Radioclit est avant tout spécialisé dans la production de rythme afrobeat, de trance tropicale et de lourds beats hip hop ou tout simplement pop. Ils organisent à Londres les soirées Secousse qui sont, aux dires de Tron : “Des soirées tropicales ambiance bal populaire martiniquais”.

Leur dernière production qui porte le même nom que leurs soirées Secousse les caractérise assez bien : Radioclit – Secousse (Original Mix) et le Mumdance remix sur la face B fera obligatoirement danser votre maman.

Cependant, il n’y a aucun rapport entre le style de Secousse et le style de l’album Warm Heart of Africa. À l’écoute de l’album, c’est la jeunesse de la formation qui étonne : d’une qualité indéniable, cette production est cohérente du début à la fin. Avec une dizaine de morceaux aux noms imprononçables, il n’y a aucune faute jusque dans le choix de la répartition des tubes.

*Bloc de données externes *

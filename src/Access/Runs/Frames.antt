-- ===== src/Access/Runs/Frames.antt =====
-- phira-mp-plus-server/src/ban.rs: which part of the store a call leaves as it is.
use phira_mp_plus.Common.{
  Option-cases, inl, inr, ◌+◌, ℕ, ℤ, beq_ℤ, List, [], ◌∷◌, ◌++◌, Bool, true, false, not, Option,
  none, some, retain, ◌≡◌, refl, arith,
}
use phira_mp_plus.Common.Maps.{get}
use phira_mp_plus.Common.{Result, ok, err}
use phira_mp_plus.Wire.Text.{Text, beq_text, text_eq}
use phira_mp_plus.Net.Proxy.{IpAddr}
use phira_mp_plus.Access.Store.{
  StoreError, ExtensionDataStore, get_room_extra, set_room_extra, set_global, is_some, room_key,
}
use phira_mp_plus.Access.Reason.{Chars, normalize_reason}
use phira_mp_plus.Access.Bans.{
  repair_reasons, Json, set_ban_record, saved, whitelist_key, blacklist_key,
}
use phira_mp_plus.Access.Addresses.{
  IpBanEntry, beq_ip, ban_ip, unban_ip, ban_user_ips, get_ip_ban_list_raw, set_ip_list,
}
use phira_mp_plus.Access.Rooms.{
  RoomBanEntry, room_ban_user, room_unban_user, room_whitelist, whitelist_add_user,
  whitelist_remove_user, clear_room_whitelist, get_room_ban_list_raw, set_blacklist, set_whitelist,
}
use phira_mp_plus.Access.Rooms.Listed.{AreRegistered, get_room_extra-set_room_extra}

-- Only the values of users may differ.
abbrev pub SameButUsers : (s s' : ExtensionDataStore) → Type 0
SameButUsers s s' =
    (s'.fields ≡ s.fields) × (s'.room_data ≡ s.room_data) × (s'.global_data ≡ s.global_data)

-- Only the values of the server may differ.
abbrev pub SameButGlobals : (s s' : ExtensionDataStore) → Type 0
SameButGlobals s s' =
    (s'.fields ≡ s.fields) × (s'.user_data ≡ s.user_data) × (s'.room_data ≡ s.room_data)

-- Only the values of rooms may differ.
abbrev pub SameButRooms : (s s' : ExtensionDataStore) → Type 0
SameButRooms s s' =
    (s'.fields ≡ s.fields) × (s'.user_data ≡ s.user_data) × (s'.global_data ≡ s.global_data)

pub set_ban_record-SameButUsers :
    (u : ℤ) (status reason : Text) (s : ExtensionDataStore)
    → SameButUsers s ((set_ban_record u status reason s).1)
unfolding set_ban_record
set_ban_record-SameButUsers u status reason s = ground arith

pub repair_reasons-SameButUsers :
    (chars : Chars) (s : ExtensionDataStore) → SameButUsers s ((repair_reasons chars s).0)
unfolding repair_reasons
repair_reasons-SameButUsers chars s = (refl, refl, refl)

set_ip_list-SameButGlobals :
    (json : Json (List IpBanEntry)) (persisted : Bool) (o : Option Text) (s : ExtensionDataStore)
    → SameButGlobals s ((set_ip_list json persisted o s).1)
unfolding set_global
set_ip_list-SameButGlobals json persisted none s = (refl, refl, refl)
set_ip_list-SameButGlobals json persisted (some t) s = (refl, refl, refl)

pub ban_ip-SameButGlobals :
    (json : Json (List IpBanEntry)) (chars : Chars) (persisted : Bool) (now : ℕ) (ip : IpAddr)
    (reason : Text) (s : ExtensionDataStore)
    → SameButGlobals s ((ban_ip json chars persisted now ip reason s).1)
unfolding ban_ip
ban_ip-SameButGlobals json chars persisted now ip reason s =
    let entry : IpBanEntry = record {
      ip = ip;
      reason = normalize_reason chars reason;
      banned_at = now;
    } in
    let written = json.to_string (get_ip_ban_list_raw json s ++ entry ∷ []) in
    ground (arith, set_ip_list-SameButGlobals json persisted written s)

pub unban_ip-SameButGlobals :
    (json : Json (List IpBanEntry)) (persisted : Bool) (ip : IpAddr) (s : ExtensionDataStore)
    → SameButGlobals s ((unban_ip json persisted ip s).1)
unfolding unban_ip
unban_ip-SameButGlobals json persisted ip s =
    let stays = λ (e : IpBanEntry). not (beq_ip (e.ip) ip) in
    let written = json.to_string (retain stays (get_ip_ban_list_raw json s)) in
    ground (arith, set_ip_list-SameButGlobals json persisted written s)

pub ban_user_ips-SameButGlobals :
    (json : Json (List IpBanEntry)) (chars : Chars) (parse : Text → Option IpAddr)
    (persisted : ℕ → Bool) (clock : ℕ → ℕ) (reason : Text) (n : ℕ) (rows : List Text)
    (s : ExtensionDataStore)
    → SameButGlobals s ((ban_user_ips json chars parse persisted clock reason n rows s).1)
unfolding ban_user_ips
ban_user_ips-SameButGlobals json chars parse persisted clock reason n [] s = (refl, refl, refl)
ban_user_ips-SameButGlobals json chars parse persisted clock reason n (row ∷ rows) s =
    elim (Option-cases (parse row)) [
      | inl unread ↦ ground (
        arith,
        unread,
        ban_user_ips-SameButGlobals json chars parse persisted clock reason n rows s,
      )
      | inr (found, read) ↦
          let banned = (ban_ip json chars (persisted n) (clock n) found reason s).1 in
          ground (
            arith,
            read,
            ban_ip-SameButGlobals json chars (persisted n) (clock n) found reason s,
            ban_user_ips-SameButGlobals json chars parse persisted clock reason (n + 1) rows banned,
          )
    ]

set_room_extra-SameButRooms :
    (room key value : Text) (s : ExtensionDataStore)
    → SameButRooms s ((set_room_extra room key value s).1)
unfolding set_room_extra
set_room_extra-SameButRooms room key value s = ground arith

pub saved_store :
    (persisted : Bool) (x : Result StoreError (Unit {0}) × ExtensionDataStore)
    → (saved persisted x).1 ≡ x.1
saved_store persisted (err e, s) = refl
saved_store persisted (ok u, s) = refl

-- A list of rooms may differ, but not what they have under the name of another one.
abbrev pub SameOtherList : (other_key room : Text) (s s' : ExtensionDataStore) → Type 0
SameOtherList other_key room s s' =
    SameButRooms s s' × (get_room_extra room other_key s' ≡ get_room_extra room other_key s)

set_room_extra-SameOtherList :
    (persisted : Bool) (room other key other_key value : Text) (s : ExtensionDataStore)
    → beq_text key other_key ≡ false
    → is_some (get (room_key key) (s.fields)) ≡ true
    → SameOtherList other_key other s ((saved persisted (set_room_extra room key value s)).1)
set_room_extra-SameOtherList persisted room other key other_key value s n h =
    rw (saved_store persisted (set_room_extra room key value s)) (
      set_room_extra-SameButRooms room key value s,
      ground (arith, get_room_extra-set_room_extra room other key other_key value s h, n),
    )

module _ (persisted : Bool) (room other : Text) (s : ExtensionDataStore) (h : AreRegistered s) where
  set_blacklist-SameOtherList :
      (json : Json (List RoomBanEntry)) (o : Option Text)
      → SameOtherList whitelist_key other s ((set_blacklist json persisted room o s).1)
  set_blacklist-SameOtherList json none = ((refl, refl, refl), refl)
  set_blacklist-SameOtherList json (some t) =
      set_room_extra-SameOtherList persisted room other blacklist_key whitelist_key t s refl h.0

  set_whitelist-SameOtherList :
      (json : Json (List ℤ)) (o : Option Text)
      → SameOtherList blacklist_key other s ((set_whitelist json persisted room o s).1)
  set_whitelist-SameOtherList json none = ((refl, refl, refl), refl)
  set_whitelist-SameOtherList json (some t) =
      set_room_extra-SameOtherList persisted room other whitelist_key blacklist_key t s refl h.1

  pub room_ban_user-SameOtherList :
      (json : Json (List RoomBanEntry)) (chars : Chars) (now : ℕ) (u : ℤ) (given : Text)
      → SameOtherList whitelist_key other s
          ((room_ban_user json chars persisted now room u given s).1)
  unfolding room_ban_user
  room_ban_user-SameOtherList json chars now u given = set_blacklist-SameOtherList json _

  pub room_unban_user-SameOtherList :
      (json : Json (List RoomBanEntry)) (u : ℤ)
      → SameOtherList whitelist_key other s ((room_unban_user json persisted room u s).1)
  unfolding room_unban_user
  room_unban_user-SameOtherList json u =
      let stays = λ (e : RoomBanEntry). not (beq_ℤ (e.user_id) u) in
      let written = json.to_string (retain stays (get_room_ban_list_raw json room s)) in
      ground (arith, set_blacklist-SameOtherList json written)

  pub whitelist_add_user-SameOtherList :
      (json : Json (List ℤ)) (u : ℤ)
      → SameOtherList blacklist_key other s ((whitelist_add_user json persisted room u s).1)
  unfolding whitelist_add_user
  whitelist_add_user-SameOtherList json u =
      let written = json.to_string (room_whitelist json room s ++ u ∷ []) in
      ground (arith, set_whitelist-SameOtherList json written)

  pub whitelist_remove_user-SameOtherList :
      (json : Json (List ℤ)) (u : ℤ)
      → SameOtherList blacklist_key other s ((whitelist_remove_user json persisted room u s).1)
  unfolding whitelist_remove_user
  whitelist_remove_user-SameOtherList json u =
      let stays = λ (id : ℤ). not (beq_ℤ id u) in
      let written = json.to_string (retain stays (room_whitelist json room s)) in
      ground (arith, set_whitelist-SameOtherList json written)

  pub clear_room_whitelist-SameOtherList :
      (json : Json (List ℤ))
      → SameOtherList blacklist_key other s ((clear_room_whitelist json persisted room s).1)
  unfolding clear_room_whitelist
  clear_room_whitelist-SameOtherList json =
      set_room_extra-SameOtherList persisted room other whitelist_key blacklist_key
        (b'[' ∷ b']' ∷ []) s refl h.1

On commence avec Yalira qui est parfait pour introduire au voyage, le deuxième track Chalo avec son clavier 90′s est un clin d’oeil à Phil Collins. Puis le titre éponyme Warm Heart of Africa aux sonorités marquées Caraïbes, chanté par le leader du groupe Vampire Weekend, ravive les esprits : nous écoutons The Very Best. Le tube tout aussi très Caraïbes, Rain Dance avec M.I.A. et le tube Kampopho ont été placé en fin de liste toujours dans le même but. Nsokoto, très si-si avec son rythme effreiné de percus surpuissantes que rien n’arrête, homogénise parfaitement l’album.

The Very Best – Nsokoto

En tant qu’album parfait, on s’attend plus à ce que Warm Heart of Africa soit l’oeuvre d’une personne accomplie, d’un nomade de la musique. On repense à Graceland, l’album produit par Paul Simon en 1986 lorsque celui-ci partait se retrouver en Afrique. En tant qu’album pouvant toucher le grand public, Warm Heart of Africa pourrait tout aussi bien être l’oeuvre d’une armée de producteurs aux dents longues, capable de rivaliser avec la b.o. du Roi Lion. Pourtant ce n’est pas le cas à en juger par le peu de moyens du groupe au travail :

La musique World a toujours été l’objet de différents débats à la fois sur les termes (il est vrai que parler de world music est particulièrement moche tout comme parler de musique mondiale industrielle) et sur les thèmes (on retrouve souvent celui de la résurgence d’un passé colonnial encore trop présent mais c’est aller beaucoup trop loin dans l’interprétation).

La musique World symbolise aussi le paradoxe entre la dimension de mondialisation rentrée dans les moeurs (avec Internet, les voyages…) et la tentation communautariste. En effet, l’enracinement avec le respect des traditions musicales est un refuge, une protection contre les chocs mondiaux que l’on reçoit à haute dose. Heureusement, la nouvelle génération place la world music à un autre niveau : la world music, ou la musique tout court, redéfinie comme carrefour d’échange et dont Warm Heart of Africa en est l’illustre exemple.